▶ [Task]: In the listing below, the lines starting with the line with "total : fragment_total 48 bytes ≡ 5" and going on through the line with "last_in_time : 59" are to be reproduced exactly, and only those.
==*==
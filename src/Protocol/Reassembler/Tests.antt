-- ===== src/Protocol/Reassembler/Tests.antt =====
-- A post whose fragments `reassembler.cpp` is run on.
use lora_messenger.Common.{
  ℕ, ◌+◌, ◌<◌, ◌≤◌, ◌≡◌, refl, true, false, some, List, [], ◌∷◌, nat_eq, length, arith, All,
  replicate, sym, ◌∙◌, ap,
}
use lora_messenger.Core.Result.{success}
use lora_messenger.Model.Post.{contains}
use lora_messenger.Model.Post.Tests.{sample, sample-IsPost}
use lora_messenger.Protocol.Limits.{Bytes, is_supported_mtu, frame_payload_capacity}
use lora_messenger.Protocol.FrameCodec.{DataFrame, expected_count}
use lora_messenger.Protocol.PostCodec.{encoded_size, post_bytes}
use lora_messenger.Protocol.PostCodec.Layout.{length-post_bytes}
use lora_messenger.Protocol.PostCodec.RoundTrip.{encode_post-eq_success}
use lora_messenger.Protocol.PostCodec.Tests.{sample-IsPostData}
use lora_messenger.Protocol.Fragmenter.Tests.{smallest_mtu}
use lora_messenger.Protocol.Fragmenter.Correct.{fragment_post_complete}
use lora_messenger.Protocol.Reassembler.Slots.{
  empty_slot, find_slot, active_count, any_key, saturating_deadline,
}
use lora_messenger.Protocol.Reassembler.{accept}
use lora_messenger.Protocol.Reassembler.State.{
  ReassemblyResult, complete, fragment_offset, create_reassembler, has_bad_fields, has_bad_size,
}
use lora_messenger.Protocol.Reassembler.Complete.{Arrival, indices, feed, InTime, first_deadline}
use lora_messenger.Protocol.Reassembler.Calls.{
  create_reassembler-IsReassembler, accept-IsReassembler,
}
use lora_messenger.Protocol.Reassembler.Correct.{
  IsSent, IsAwaiting, frames_of, fragment_total, accept-complete, fragment-in_bounds,
}
use lora_messenger.Protocol.Reassembler.Authentic.{IsAuthentic, accept-IsAuthentic}
use lora_messenger.Protocol.Reassembler.Invariant.{IsReassembler, empty_slot-IsSlot}

abbrev arrivals : List Arrival
arrivals = (3, 10) ∷ (0, 20) ∷ (3, 30) ∷ (1, 40) ∷ (4, 50) ∷ []

abbrev bytes : Bytes
bytes = post_bytes sample

abbrev sent : List Bytes
sent = (fragment_post_complete sample 48 sample-IsPost sample-IsPostData smallest_mtu).1

sample-IsSent : IsSent sample 48 bytes sent
sample-IsSent =
    let (logical, _, _, encoded, fragmented, _, _, _, _, _) =
      fragment_post_complete sample 48 sample-IsPost sample-IsPostData smallest_mtu in
    record {
      valid = sample-IsPost;
      is_data = sample-IsPostData;
      supported = smallest_mtu;
      encoded = encoded ∙ ap success (sym (encode_post-eq_success sample encoded));
      fragmented = fragmented;
    }

size : length bytes ≡ 92
unfolding encoded_size
size = length-post_bytes sample sample-IsPostData

total : fragment_total 48 bytes ≡ 5
unfolding frame_payload_capacity expected_count
total = rw size refl

sample-IsAwaiting : IsAwaiting sample 48 (create_reassembler 48)
unfolding create_reassembler find_slot active_count any_key empty_slot
sample-IsAwaiting = record {
  well_formed = create_reassembler-IsReassembler 48;
  mtu_same = refl;
  no_slot = refl;
  room = omega arith;
  unquarantined = refl;
}

all_arrive : (j : ℕ) → j < fragment_total 48 bytes → contains (2 ∷ indices arrivals) j ≡ true
unfolding contains
all_arrive j h = let few : j < 5 = rw total at h in ground (arith, few)

some_missing : contains (indices arrivals) 2 ≡ false
unfolding contains
some_missing = refl

in_time : All (InTime (fragment_total 48 bytes) (first_deadline arrivals 59)) arrivals
unfolding saturating_deadline
in_time = rw total (
  (omega arith, omega arith),
  (
    (omega arith, omega arith),
    ((omega arith, omega arith), ((omega arith, omega arith), ((omega arith, omega arith), tt))),
  ),
)

last_in_time : 59 < first_deadline arrivals 59
unfolding saturating_deadline
last_in_time = omega arith

accept-complete_example :
    (accept
      (feed (frames_of sample 48 bytes) (create_reassembler 48) arrivals)
      (frames_of sample 48 bytes 2)
      59).0
    ≡ record {
      status = complete;
      completed = some (record { post = sample; canonical_post = bytes; canonical_frames = sent });
    }
accept-complete_example =
    accept-complete sample 48 bytes sent (create_reassembler 48) arrivals 2 59 sample-IsSent
      sample-IsAwaiting in_time (omega (arith, total)) last_in_time some_missing all_arrive

accept-IsAuthentic_example :
    IsAuthentic
      (frames_of sample 48 bytes 2).tag
      (frames_of sample 48 bytes 2).sender_sequence
      (record { post = sample; canonical_post = bytes; canonical_frames = sent })
accept-IsAuthentic_example =
    accept-IsAuthentic (feed (frames_of sample 48 bytes) (create_reassembler 48) arrivals)
      (frames_of sample 48 bytes 2) 59
      (record { post = sample; canonical_post = bytes; canonical_frames = sent })
      (ap (λ (result : ReassemblyResult). result.completed) accept-complete_example)

accept-IsReassembler_example :
    IsReassembler (accept (create_reassembler 48) (frames_of sample 48 bytes 2) 59).1
accept-IsReassembler_example =
    accept-IsReassembler (create_reassembler 48) (frames_of sample 48 bytes 2) 59
      (create_reassembler-IsReassembler 48)

abbrev last_fragment : DataFrame
last_fragment = record {
  tag = replicate 8 0;
  sender_sequence = 7;
  fragment_index = 2;
  fragment_count = 3;
  total_length = 46;
  payload = replicate 6 9;
}

last_fields : has_bad_fields (create_reassembler 48) last_fragment ≡ false
unfolding has_bad_fields create_reassembler is_supported_mtu
last_fields = refl

last_size : has_bad_size (create_reassembler 48) last_fragment ≡ false
unfolding has_bad_size create_reassembler
last_size = refl

fragment-in_bounds_example :
    (fragment_offset (create_reassembler 48) 2 + 6 ≤ length empty_slot.bytes)
    × (fragment_offset (create_reassembler 48) 2 + 6 ≤ 46)
    × (2 < length empty_slot.fragment_lengths)
    × (2 < 16)
fragment-in_bounds_example =
    fragment-in_bounds (create_reassembler 48) empty_slot last_fragment empty_slot-IsSlot
      last_fields last_size
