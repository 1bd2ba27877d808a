-- ===== src/ViewModel.antt =====
-- src/viewmodel: what the screens show and edit.
pub mod TextEditor
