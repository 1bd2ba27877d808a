-- ===== src/ViewModel/TextEditor.antt =====
-- src/viewmodel/text_editor.h and text_editor.cpp: a line of UTF-8 text with a cursor. The loop of
-- `previous_boundary` recurses on the offset, that of `next_boundary` on the bytes that are left.
pub mod Boundaries
pub mod Refines
pub mod Keys
pub mod Texts
pub mod Tests
use lora_messenger.Common.{
  ℕ, zero, suc, ◌+◌, ◌-◌, ◌/◌, ◌%◌, Bool, true, false, not, ◌&&◌, ◌||◌, Option, none, some, List,
  [], ◌∷◌, ◌++◌, length, take, drop, get_or, ltb, leb, ◌==◌, nat_eq, if◌then◌else◌,
}
use lora_messenger.Core.Text.{is_valid_utf8}

-- `None` of the source's enumeration is `none` of an `Option`.
pub data EditorError : Type 0 where
  invalid_utf8 invalid_codepoint too_long : EditorError

pub record TextEditor : Type 0 where
  pub maximum_bytes : ℕ
  pub text : List ℕ
  pub cursor : ℕ

abbrev pub create_editor : ℕ → TextEditor
create_editor maximum_bytes = record { maximum_bytes = maximum_bytes; text = []; cursor = 0 }

-- `(value & 0xc0) == 0x80`: the two upper bits of a byte.
unfoldable pub is_continuation : ℕ → Bool
is_continuation value = value / 64 == 2

-- `encode_utf8`: the bytes written, none where it answers 0. `|` joins bits that do not meet.
unfoldable pub encoded_bytes : ℕ → List ℕ
encoded_bytes codepoint =
    if leb codepoint 0x7f
    then codepoint ∷ []
    else if leb codepoint 0x7ff
    then (0xc0 + codepoint / 64) ∷ (0x80 + codepoint % 64) ∷ []
    else if leb 0xd800 codepoint && leb codepoint 0xdfff
    then []
    else if leb codepoint 0xffff
    then (0xe0 + codepoint / 4096) ∷ (0x80 + codepoint / 64 % 64) ∷ (0x80 + codepoint % 64) ∷ []
    else if leb codepoint 0x10ffff
    then (0xf0 + codepoint / 262144)
      ∷ (0x80 + codepoint / 4096 % 64)
      ∷ (0x80 + codepoint / 64 % 64)
      ∷ (0x80 + codepoint % 64)
      ∷ []
    else []

unfoldable pub set_text : TextEditor → List ℕ → Option EditorError × TextEditor
set_text e value =
    if not (is_valid_utf8 value)
    then (some invalid_utf8, e)
    else (if ltb e.maximum_bytes (length value)
        then (some too_long, e)
        else (none, record e { text = value; cursor = length value }))

-- `text_.insert(cursor_, …)` and the step of the cursor behind it.
abbrev pub insert_bytes : TextEditor → List ℕ → TextEditor
insert_bytes e bytes = record e {
  text = take e.cursor e.text ++ (bytes ++ drop e.cursor e.text);
  cursor = e.cursor + length bytes;
}

unfoldable pub insert_codepoint : TextEditor → ℕ → Option EditorError × TextEditor
unfolding encoded_bytes
insert_codepoint e codepoint =
    let encoded = encoded_bytes codepoint in
    if length encoded == 0
    then (some invalid_codepoint, e)
    else (if ltb e.maximum_bytes (length e.text + length encoded)
        then (some too_long, e)
        else (none, insert_bytes e encoded))

unfoldable pub insert_utf8 : TextEditor → List ℕ → Option EditorError × TextEditor
insert_utf8 e value =
    if not (is_valid_utf8 value)
    then (some invalid_utf8, e)
    else (if ltb e.maximum_bytes (length e.text + length value)
        then (some too_long, e)
        else (none, insert_bytes e value))

unfoldable pub previous_loop : List ℕ → ℕ → ℕ
unfolding is_continuation
previous_loop text zero = 0
previous_loop text (suc offset) =
    let before = previous_loop text offset in
    if is_continuation (get_or text (suc offset) 0) then before else suc offset

unfoldable pub previous_boundary : List ℕ → ℕ → ℕ
unfolding previous_loop
previous_boundary text offset = previous_loop text (offset - 1)

-- `rest` are the bytes from the offset on.
unfoldable pub next_loop : List ℕ → ℕ → ℕ
unfolding is_continuation
next_loop [] offset = offset
next_loop (byte ∷ rest) offset =
    let after = next_loop rest (offset + 1) in if is_continuation byte then after else offset

unfoldable pub next_boundary : List ℕ → ℕ → ℕ
unfolding next_loop
next_boundary text offset = next_loop (drop (offset + 1) text) (offset + 1)

unfoldable pub move_left : TextEditor → Bool × TextEditor
unfolding previous_boundary
move_left e =
    if e.cursor == 0
    then (false, e)
    else (true, record e { cursor = previous_boundary e.text e.cursor })

unfoldable pub move_right : TextEditor → Bool × TextEditor
unfolding next_boundary
move_right e =
    if leb (length e.text) e.cursor
    then (false, e)
    else (true, record e { cursor = next_boundary e.text e.cursor })

-- `text_.erase(first, last - first)`
abbrev pub erase_bytes : List ℕ → ℕ → ℕ → List ℕ
erase_bytes text first last = take first text ++ drop last text

unfoldable pub backspace : TextEditor → Bool × TextEditor
unfolding previous_boundary
backspace e =
    let previous = previous_boundary e.text e.cursor in
    if e.cursor == 0
    then (false, e)
    else (true, record e { text = erase_bytes e.text previous e.cursor; cursor = previous })

unfoldable pub delete_forward : TextEditor → Bool × TextEditor
unfolding next_boundary
delete_forward e =
    let next = next_boundary e.text e.cursor in
    if leb (length e.text) e.cursor
    then (false, e)
    else (true, record e { text = erase_bytes e.text e.cursor next })

abbrev pub clear_editor : TextEditor → TextEditor
clear_editor e = record e { text = []; cursor = 0 }

abbrev pub remaining_bytes : TextEditor → ℕ
remaining_bytes e = e.maximum_bytes - length e.text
==*==
▶ [Finished exercise]:
total : fragment_total 48 bytes ≡ 5
unfolding frame_payload_capacity expected_count
total = rw size refl

sample-IsAwaiting : IsAwaiting sample 48 (create_reassembler 48)
unfolding create_reassembler find_slot active_count any_key empty_slot
sample-IsAwaiting = record {
  well_formed = create_reassembler-IsReassembler 48;
  mtu_same = refl;
  no_slot = refl;
  room = omega arith;
  unquarantined = refl;
}

all_arrive : (j : ℕ) → j < fragment_total 48 bytes → contains (2 ∷ indices arrivals) j ≡ true
unfolding contains
all_arrive j h = let few : j < 5 = rw total at h in ground (arith, few)

some_missing : contains (indices arrivals) 2 ≡ false
unfolding contains
some_missing = refl

in_time : All (InTime (fragment_total 48 bytes) (first_deadline arrivals 59)) arrivals
unfolding saturating_deadline
in_time = rw total (
  (omega arith, omega arith),
  (
    (omega arith, omega arith),
    ((omega arith, omega arith), ((omega arith, omega arith), ((omega arith, omega arith), tt))),
  ),
)

last_in_time : 59 < first_deadline arrivals 59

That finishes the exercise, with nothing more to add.